11月場所も無事終わった。力士の皆さん今年一年もお疲れ様でした、今年も大変だっただろう。ストレスはマックスなのではないだろうか?さてさて場所を振り返るというのも億劫なくらい、誰でも簡単に予想ができた照ノ富士が優勝という結果。忙しかったのもあるが、場所の相撲はほとんど見てない。しっかり見たのはABEMAの解説の出番があった2回だけ。その1回目のときは、中入の結果の決まり手が投げ技が一番だけであった。しかも押し相撲の御嶽海の掬い投げだ、押しを否定するわけではない。叩きや突き落としだって技だ、そうではなくて勝負が決まるまでの攻防が蛋白すぎたのだ。
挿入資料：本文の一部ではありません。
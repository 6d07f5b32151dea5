-- ===== src/Codec/RoundTrip.antt =====
-- What the encoder of one side writes, the decoder of the other side reads back.
use yawc.Shared.{
  ℕ, suc, ◌+◌, ◌*◌, ◌/◌, ◌%◌, ◌^◌, ◌<◌, ◌≡◌, refl, ap, sym, ◌∙◌, Bool, false, Option, none, some,
  List, [], ◌∷◌, ◌++◌, length, length-append, append_assoc, All, arith, ltb, bit_and, Option-cases,
  inl, inr, take-length_append, drop-length_append, le→ltb,
}
use yawc.Shared.Bits.{IsByte}
use yawc.Frame.{
  OpCode, Frame, MaskKey, key_bytes, bit, first_byte, mask_bytes, is_some, with_mask, write_head,
  set_random_mask_if_not_set,
}
use yawc.Mask.{Platform, Aligns, copy_mask}
use yawc.Mask.Words.{IsKey}
use yawc.Mask.Dispatch.{length-copy_mask, mask_buffer-copy_mask}
use yawc.Codec.{
  server, client, Decoder, new_decoder, decoded, frame, get_key, read_mask, extra_of, take_payload,
  read_payload, check_header, read_header, parse_header, start, decode, encode,
}
use yawc.Codec.Feed.{decode_idle}
use yawc.Codec.Headers.{
  IsAccepted, header_error-none_iff, first_byte-bits, ReadsBack, length_bytes-ReadsBack,
}

-- The keys that can be on the wire.
abbrev pub MaskIsKey : Option MaskKey → Type 0
MaskIsKey none = Unit {0}
MaskIsKey (some key) = IsKey key

get_key-key_bytes :
    (key : MaskKey) (tail : List ℕ) → IsKey key → get_key (key_bytes key ++ tail) ≡ some (key, tail)
unfolding get_key
get_key-key_bytes key tail hk =
    λ i. some (record { k0 = byte0 i; k1 = byte1 i; k2 = byte2 i; k3 = byte3 i }, tail)
  where
    word : ℕ
    word = ((key.k0 * 256 + key.k1) * 256 + key.k2) * 256 + key.k3

    byte0 : word / 2 ^ 24 % 256 ≡ key.k0
    byte0 = omega arith

    byte1 : word / 2 ^ 16 % 256 ≡ key.k1
    byte1 = omega arith

    byte2 : word / 2 ^ 8 % 256 ≡ key.k2
    byte2 = omega arith

    byte3 : word % 256 ≡ key.k3
    byte3 = omega arith

read_mask-mask_bytes :
    (mask : Option MaskKey) (tail : List ℕ)
    → MaskIsKey mask
    → read_mask (is_some mask) (mask_bytes mask ++ tail) ≡ some (mask, tail)
unfolding read_mask
read_mask-mask_bytes none tail h = refl
read_mask-mask_bytes (some key) tail h = rw (get_key-key_bytes key tail h, read_mask)

length-mask_bytes : (mask : Option MaskKey) → length (mask_bytes mask) ≡ bit (is_some mask) 4
length-mask_bytes none = refl
length-mask_bytes (some key) = refl

module _ (at : Platform) (d : Decoder) (f : Frame)
    (accepted : IsAccepted d.max_payload_size f.opcode f.fin (length f.payload))
    (word : length f.payload < 2 ^ 64) (key : MaskIsKey f.mask) (body : List ℕ) where
  back : ReadsBack (is_some f.mask) (length f.payload)
  back = length_bytes-ReadsBack (is_some f.mask) (length f.payload) word

  abbrev behind : List ℕ
  behind = back.extended ++ (mask_bytes f.mask ++ body)

  abbrev code : ℕ
  code = bit_and back.second 0x7f

  write_head-shape : write_head f [] ++ body ≡ first_byte f ∷ back.second ∷ behind
  unfolding write_head
  write_head-shape = rw back.written (
      ap (λ l. first_byte f ∷ back.second ∷ l)
        (append_assoc back.extended (mask_bytes f.mask) body))

  read_header-behind :
      read_header at d f.fin f.is_compressed f.opcode (is_some f.mask) code behind
      ≡ read_payload at d f.fin f.is_compressed f.opcode f.mask (length f.payload) body
  unfolding read_header check_header
  read_header-behind =
      rw
        (
          back.reads (mask_bytes f.mask ++ body),
          read_mask-mask_bytes f.mask body key,
          (header_error-none_iff f.opcode f.fin (length f.payload) d.max_payload_size).1 accepted,
          read_header,
          check_header,
        )
        refl

  header_complete :
      ltb (suc (suc (length behind))) (2 + extra_of code + bit (is_some f.mask) 4) ≡ false
  header_complete = le→ltb _ _ (
      omega (
        arith,
        back.size,
        length-append back.extended (mask_bytes f.mask ++ body),
        length-append (mask_bytes f.mask) body,
        length-mask_bytes f.mask,
      ))

  -- The decoder reads the header of a frame that it accepts as what the frame says.
  pub start-write_head :
      start at d (write_head f [] ++ body)
      ≡ read_payload at d f.fin f.is_compressed f.opcode f.mask (length f.payload) body
  unfolding start parse_header
  start-write_head =
      let (fin, rsv1, reserved, opcode) = first_byte-bits f in
      rw write_head-shape (
        rw (reserved, opcode, fin, rsv1, back.flag, header_complete, parse_header)
          read_header-behind)

-- The key that a client's frame travels with.
abbrev pub wire_key : MaskKey → Frame → MaskKey
wire_key random f = elim f.mask [ none ↦ random | some key ↦ key ]

set_random_mask-wire_key :
    (random : MaskKey) (f : Frame)
    → set_random_mask_if_not_set random f ≡ with_mask f (wire_key random f)
unfolding set_random_mask_if_not_set
set_random_mask-wire_key random f = elim (Option-cases f.mask) [
  | inl e ↦ rw e
  | inr (key, e) ↦ ground arith
]

read_payload-whole :
    (at : Platform) (d : Decoder) (fin rsv1 : Bool) (opcode : OpCode) (mask : Option MaskKey)
    (payload rest : List ℕ)
    → read_payload at d fin rsv1 opcode mask (length payload) (payload ++ rest)
      ≡ take_payload at d fin rsv1 opcode mask (length payload) (payload ++ rest)
unfolding read_payload
read_payload-whole at d fin rsv1 opcode mask payload rest =
    rw (
      le→ltb (length (payload ++ rest)) (length payload)
        (omega (arith, length-append payload rest)))

encode_client :
    (avx2 : Bool) (random : MaskKey) (f : Frame)
    → encode avx2 client random f []
      ≡ write_head (with_mask f (wire_key random f)) []
        ++ copy_mask avx2 (wire_key random f) f.payload
unfolding encode
encode_client avx2 random f = ground (arith, set_random_mask-wire_key random f)

-- A server reads back the frame that a client encoded, with the key that it travelled with, and
-- leaves what follows: for a frame of bytes that the server's limit accepts, of less than 2 ^ 64
-- bytes, whichever masking routines the two sides use.
pub decode-encode_client :
    (at : Platform) (avx2 : Bool) (max : ℕ) (random : MaskKey) (f : Frame) (rest : List ℕ)
    → Aligns at
    → IsAccepted max f.opcode f.fin (length f.payload)
    → length f.payload < 2 ^ 64
    → IsKey (wire_key random f)
    → All IsByte f.payload
    → decode at (new_decoder server max) (encode avx2 client random f [] ++ rest)
      ≡ decoded (frame (with_mask f (wire_key random f))) (new_decoder server max) rest
decode-encode_client at avx2 max random f rest aligned accepted word hk hb =
    rw (encode_client avx2 random f, append_assoc (write_head g []) sent rest)
      (decode_idle at d refl (write_head g [] ++ (sent ++ rest))
        ∙ start-write_head at d g accepted word hk (sent ++ rest)
        ∙ ap (λ n. read_payload at d f.fin f.is_compressed f.opcode (some key) n (sent ++ rest))
            (sym size)
        ∙ read_payload-whole at d f.fin f.is_compressed f.opcode (some key) sent rest
        ∙ unmasked)
  where
    key : MaskKey
    key = wire_key random f

    g : Frame
    g = with_mask f key

    d : Decoder
    d = new_decoder server max

    sent : List ℕ
    sent = copy_mask avx2 key f.payload

    size : length sent ≡ length f.payload
    size = length-copy_mask avx2 key f.payload hk hb

    unmasked :
        take_payload at d f.fin f.is_compressed f.opcode (some key) (length sent) (sent ++ rest)
        ≡ decoded (frame g) d rest
    unmasked =
        unfold take_payload in
        rw
          (
            take-length_append (length sent) sent rest refl,
            drop-length_append (length sent) sent rest refl,
            mask_buffer-copy_mask at avx2 key f.payload aligned hk hb,
          )
          refl

-- A client reads back the frame that a server encoded, and leaves what follows: for a frame with
-- no key of its own that the client's limit accepts, of less than 2 ^ 64 bytes.
pub decode-encode_server :
    (at : Platform) (avx2 : Bool) (max : ℕ) (random : MaskKey) (f : Frame) (rest : List ℕ)
    → f.mask ≡ none
    → IsAccepted max f.opcode f.fin (length f.payload)
    → length f.payload < 2 ^ 64
    → decode at (new_decoder client max) (encode avx2 server random f [] ++ rest)
      ≡ decoded (frame f) (new_decoder client max) rest
decode-encode_server at avx2 max random f rest plain accepted word =
    rw (encode_server, append_assoc (write_head f []) f.payload rest)
      (decode_idle at d refl (write_head f [] ++ (f.payload ++ rest))
        ∙ start-write_head at d f accepted word (rw plain tt) (f.payload ++ rest)
        ∙ read_payload-whole at d f.fin f.is_compressed f.opcode f.mask f.payload rest
        ∙ whole)
  where
    d : Decoder
    d = new_decoder client max

    encode_server : encode avx2 server random f [] ≡ write_head f [] ++ f.payload
    encode_server = unfold encode in ground arith

    whole :
        take_payload at d f.fin f.is_compressed f.opcode f.mask
          (length f.payload)
          (f.payload ++ rest)
        ≡ decoded (frame f) d rest
    whole =
        unfold take_payload in
        rw
          (
            take-length_append (length f.payload) f.payload rest refl,
            drop-length_append (length f.payload) f.payload rest refl,
          )
          refl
相撲は立ち合いの良し悪しで7割が決まると言われている、それは事実だし立ち合いはスタートダッシュを切る重要な要素だ。しかし、毎回こちらの都合通りに立ち合いがうまくいくとは限らない。いくらお互い見合って呼吸を合わせてというルールがあっても、そのなかで0コンマ1秒でも早く踏み込みたいのだ。なので、タイミングに失敗することもある。今の力士は、ここでほぼ勝負が決まってしまう。立ち合いの確率の残り30%を使えない、ただ一人照ノ富士をのぞいて。行司が軍配を返して、ハッケヨイと言った時点でほぼ勝負の行方はわかってしまう。相撲の醍醐味はそこからなのに大変残念だ。
話をいよいよ本題に移そう、再入幕の阿炎の活躍についてである。彼が12勝3敗という好成績をあげることが出来たことは、もちろん本人の努力の賜物である。が!しかし、贔屓目だけでなく客観的に分析をさせてもらえば、残念ながらそれだけでない。まずは、みんなわかっているけどあえて目をそらせている、幕内のレベルの低下は否めない。いくら努力して這い上がってきたところで、立ちはだかるのが幕内という壁である。昨今再入幕優勝が乱発したが、これだと今まで幕内を張っていた力士の価値はどうなるの?優勝、もしくは大勝ちして三賞取れるなら、無理に幕内の番付を保つ必要がないんじゃね?ってひねくれた相撲取りが出てくるかもしれない。
おおまかに考えると阿炎のしたことはそんなに悪いことではないかもしれない、昔のお相撲さんなんか現代であれば全員クビだ。しかしみんな我慢して外出せず、耐えてきた。耐えた人間が報われないでどうする?程度はどうあれ、悪いことは悪いのだ。けれどもなんかお帰りなさいムードがあったな、日本人って・・・。今場所中の会場も声が出せないから、ヤジもブーイングもなく分け隔てなく拍手を送ってくれる。それも阿炎にとっては、やりやすい環境だったかな。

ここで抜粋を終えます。